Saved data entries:
------------------------------------------------

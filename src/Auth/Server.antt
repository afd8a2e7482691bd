-- ===== src/Auth/Server.antt =====
-- Authentication/Backend.c: the listening socket and its path: `remove_stale_socket_path`,
-- `create_server_socket`, `accept_one_client`, `close_logged` and `unlink_socket_path`. The answers of
-- the kernel are arguments; beside its result each operation has the list of what it did.
pub mod Effects
pub mod Tests
use st5039cmd.Base.{
  ℕ, Bool, true, false, not, ◌||◌, List, [], ◌∷◌, ◌++◌, Option, none, some, length, leb, ◌==◌,
  if◌then◌else◌,
}
use st5039cmd.Base.CString.{codes}
use st5039cmd.Auth.Transfer.{Turn}

-- A call that had an effect, or that was made to take one back.
pub data Act : Type 0 where
  opened closed : ℕ → Act
  removed_stale bound restricted listening unlinked : Act

-- AUTH_SOCKET_PATH.
abbrev pub auth_socket_path : List ℕ
auth_socket_path = codes "/tmp/st5039cmd_auth.sock"

-- `fd` below 0 is `none`.
pub close_logged : Option ℕ → List Act
close_logged none = []
close_logged (some fd) = closed fd ∷ []

-- What `lstat` says: ENOENT, another error, or what stands there.
pub data PathStatus : Type 0 where
  path_absent path_error : PathStatus
  path_present : (is_socket : Bool) → (owner : ℕ) → PathStatus

unfoldable pub remove_stale_socket_path :
    PathStatus → (euid : ℕ) → (unlinks : Bool) → Bool × List Act
remove_stale_socket_path path_absent euid unlinks = (true, [])
remove_stale_socket_path path_error euid unlinks = (false, [])
remove_stale_socket_path (path_present is_socket owner) euid unlinks =
    if not is_socket || not (owner == euid)
    then (false, [])
    else if unlinks
    then (true, removed_stale ∷ [])
    else (false, [])

-- The answers behind `socket`, and `sizeof(address.sun_path)`.
pub record SocketAnswers : Type 0 where
  pub socket : Option ℕ
  pub sun_path_size : ℕ
  pub status : PathStatus
  pub unlinks : Bool
  pub binds : Bool
  pub chmods : Bool
  pub listens : Bool

-- Behind a successful `bind`.
pub listen_on : SocketAnswers → ℕ → Option ℕ × List Act
listen_on a fd =
    if not a.chmods
    then (none, close_logged (some fd) ++ unlinked ∷ [])
    else if not a.listens
    then (none, restricted ∷ close_logged (some fd) ++ unlinked ∷ [])
    else (some fd, restricted ∷ listening ∷ [])

-- Behind `remove_stale_socket_path`.
pub bind_to : SocketAnswers → ℕ → Bool × List Act → Option ℕ × List Act
bind_to a fd (false, acts) = (none, acts ++ close_logged (some fd))
bind_to a fd (true, acts) =
    if not a.binds
    then (none, acts ++ close_logged (some fd))
    else let (server, after) = listen_on a fd in (server, acts ++ (bound ∷ after))

pub prepare_socket : SocketAnswers → (euid : ℕ) → ℕ → Option ℕ × List Act
prepare_socket a euid fd =
    if leb a.sun_path_size (length auth_socket_path)
    then (none, close_logged (some fd))
    else bind_to a fd (remove_stale_socket_path a.status euid a.unlinks)

pub create_from : SocketAnswers → (euid : ℕ) → Option ℕ → Option ℕ × List Act
create_from a euid none = (none, [])
create_from a euid (some fd) =
    let (server, acts) = prepare_socket a euid fd in (server, opened fd ∷ acts)

unfoldable pub create_server_socket : SocketAnswers → (euid : ℕ) → Option ℕ × List Act
unfolding close_logged remove_stale_socket_path listen_on bind_to prepare_socket create_from
create_server_socket a euid = create_from a euid a.socket

pub data AcceptAnswer : Type 0 where
  accepted : ℕ → AcceptAnswer
  accept_interrupted accept_failed : AcceptAnswer

-- A client, none, or a call that has not returned yet.
pub data Accepted : Type 0 where
  client : ℕ → Accepted
  no_client accepting : Accepted

unfoldable pub accept_one_client : List (Turn AcceptAnswer) → Accepted
accept_one_client [] = accepting
accept_one_client (t ∷ turns) = elim t.stop_before [
  | true ↦ no_client
  | false ↦ elim t.answer [
    | accepted fd ↦ client fd
    | accept_failed ↦ no_client
    | accept_interrupted ↦ elim t.stop_after [ true ↦ no_client | false ↦ accept_one_client turns ]
  ]
]

-- The label `cleanup` of `main`.
unfoldable pub release_sockets : (client_fd server_fd : Option ℕ) → List Act
unfolding close_logged
release_sockets client_fd none = close_logged client_fd
release_sockets client_fd (some fd) =
    close_logged client_fd ++ close_logged (some fd) ++ unlinked ∷ []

------------------------------------------------

Problem statement: Print all entries again, exactly.

Solution:
filename src/Auth/Server.antt
repository afd8a2e7482691bd
-- ===== src/Auth/Server.antt =====
-- Authentication/Backend.c: the listening socket and its path: `remove_stale_socket_path`,
-- `create_server_socket`, `accept_one_client`, `close_logged` and `unlink_socket_path`. The answers of
-- the kernel are arguments; beside its result each operation has the list of what it did.
pub mod Effects
pub mod Tests
use st5039cmd.Base.{
  ℕ, Bool, true, false, not, ◌||◌, List, [], ◌∷◌, ◌++◌, Option, none, some, length, leb, ◌==◌,
  if◌then◌else◌,
}
use st5039cmd.Base.CString.{codes}
use st5039cmd.Auth.Transfer.{Turn}

-- A call that had an effect, or that was made to take one back.
pub data Act : Type 0 where
  opened closed : ℕ → Act
  removed_stale bound restricted listening unlinked : Act

-- AUTH_SOCKET_PATH.
abbrev pub auth_socket_path : List ℕ
auth_socket_path = codes "/tmp/st5039cmd_auth.sock"

-- `fd` below 0 is `none`.
pub close_logged : Option ℕ → List Act
close_logged none = []
close_logged (some fd) = closed fd ∷ []

-- What `lstat` says: ENOENT, another error, or what stands there.
pub data PathStatus : Type 0 where
  path_absent path_error : PathStatus
  path_present : (is_socket : Bool) → (owner : ℕ) → PathStatus

unfoldable pub remove_stale_socket_path :
    PathStatus → (euid : ℕ) → (unlinks : Bool) → Bool × List Act
remove_stale_socket_path path_absent euid unlinks = (true, [])
remove_stale_socket_path path_error euid unlinks = (false, [])
remove_stale_socket_path (path_present is_socket owner) euid unlinks =
    if not is_socket || not (owner == euid)
    then (false, [])
    else if unlinks
    then (true, removed_stale ∷ [])
    else (false, [])

-- The answers behind `socket`, and `sizeof(address.sun_path)`.
pub record SocketAnswers : Type 0 where
  pub socket : Option ℕ
  pub sun_path_size : ℕ
  pub status : PathStatus
  pub unlinks : Bool
  pub binds : Bool
  pub chmods : Bool
  pub listens : Bool

-- Behind a successful `bind`.
pub listen_on : SocketAnswers → ℕ → Option ℕ × List Act
listen_on a fd =
    if not a.chmods
    then (none, close_logged (some fd) ++ unlinked ∷ [])
    else if not a.listens
    then (none, restricted ∷ close_logged (some fd) ++ unlinked ∷ [])
    else (some fd, restricted ∷ listening ∷ [])

-- Behind `remove_stale_socket_path`.
pub bind_to : SocketAnswers → ℕ → Bool × List Act → Option ℕ × List Act
bind_to a fd (false, acts) = (none, acts ++ close_logged (some fd))
bind_to a fd (true, acts) =
    if not a.binds
    then (none, acts ++ close_logged (some fd))
    else let (server, after) = listen_on a fd in (server, acts ++ (bound ∷ after))

pub prepare_socket : SocketAnswers → (euid : ℕ) → ℕ → Option ℕ × List Act
prepare_socket a euid fd =
    if leb a.sun_path_size (length auth_socket_path)
    then (none, close_logged (some fd))
    else bind_to a fd (remove_stale_socket_path a.status euid a.unlinks)

pub create_from : SocketAnswers → (euid : ℕ) → Option ℕ → Option ℕ × List Act
create_from a euid none = (none, [])
create_from a euid (some fd) =
    let (server, acts) = prepare_socket a euid fd in (server, opened fd ∷ acts)

unfoldable pub create_server_socket : SocketAnswers → (euid : ℕ) → Option ℕ × List Act
unfolding close_logged remove_stale_socket_path listen_on bind_to prepare_socket create_from
create_server_socket a euid = create_from a euid a.socket

pub data AcceptAnswer : Type 0 where
  accepted : ℕ → AcceptAnswer
  accept_interrupted accept_failed : AcceptAnswer

-- A client, none, or a call that has not returned yet.
pub data Accepted : Type 0 where
  client : ℕ → Accepted
  no_client accepting : Accepted

unfoldable pub accept_one_client : List (Turn AcceptAnswer) → Accepted
accept_one_client [] = accepting
accept_one_client (t ∷ turns) = elim t.stop_before [
  | true ↦ no_client
  | false ↦ elim t.answer [
    | accepted fd ↦ client fd
    | accept_failed ↦ no_client
    | accept_interrupted ↦ elim t.stop_after [ true ↦ no_client | false ↦ accept_one_client turns ]
  ]
]

-- The label `cleanup` of `main`.
unfoldable pub release_sockets : (client_fd server_fd : Option ℕ) → List Act
unfolding close_logged
release_sockets client_fd none = close_logged client_fd
release_sockets client_fd (some fd) =
    close_logged client_fd ++ close_logged (some fd) ++ unlinked ∷ []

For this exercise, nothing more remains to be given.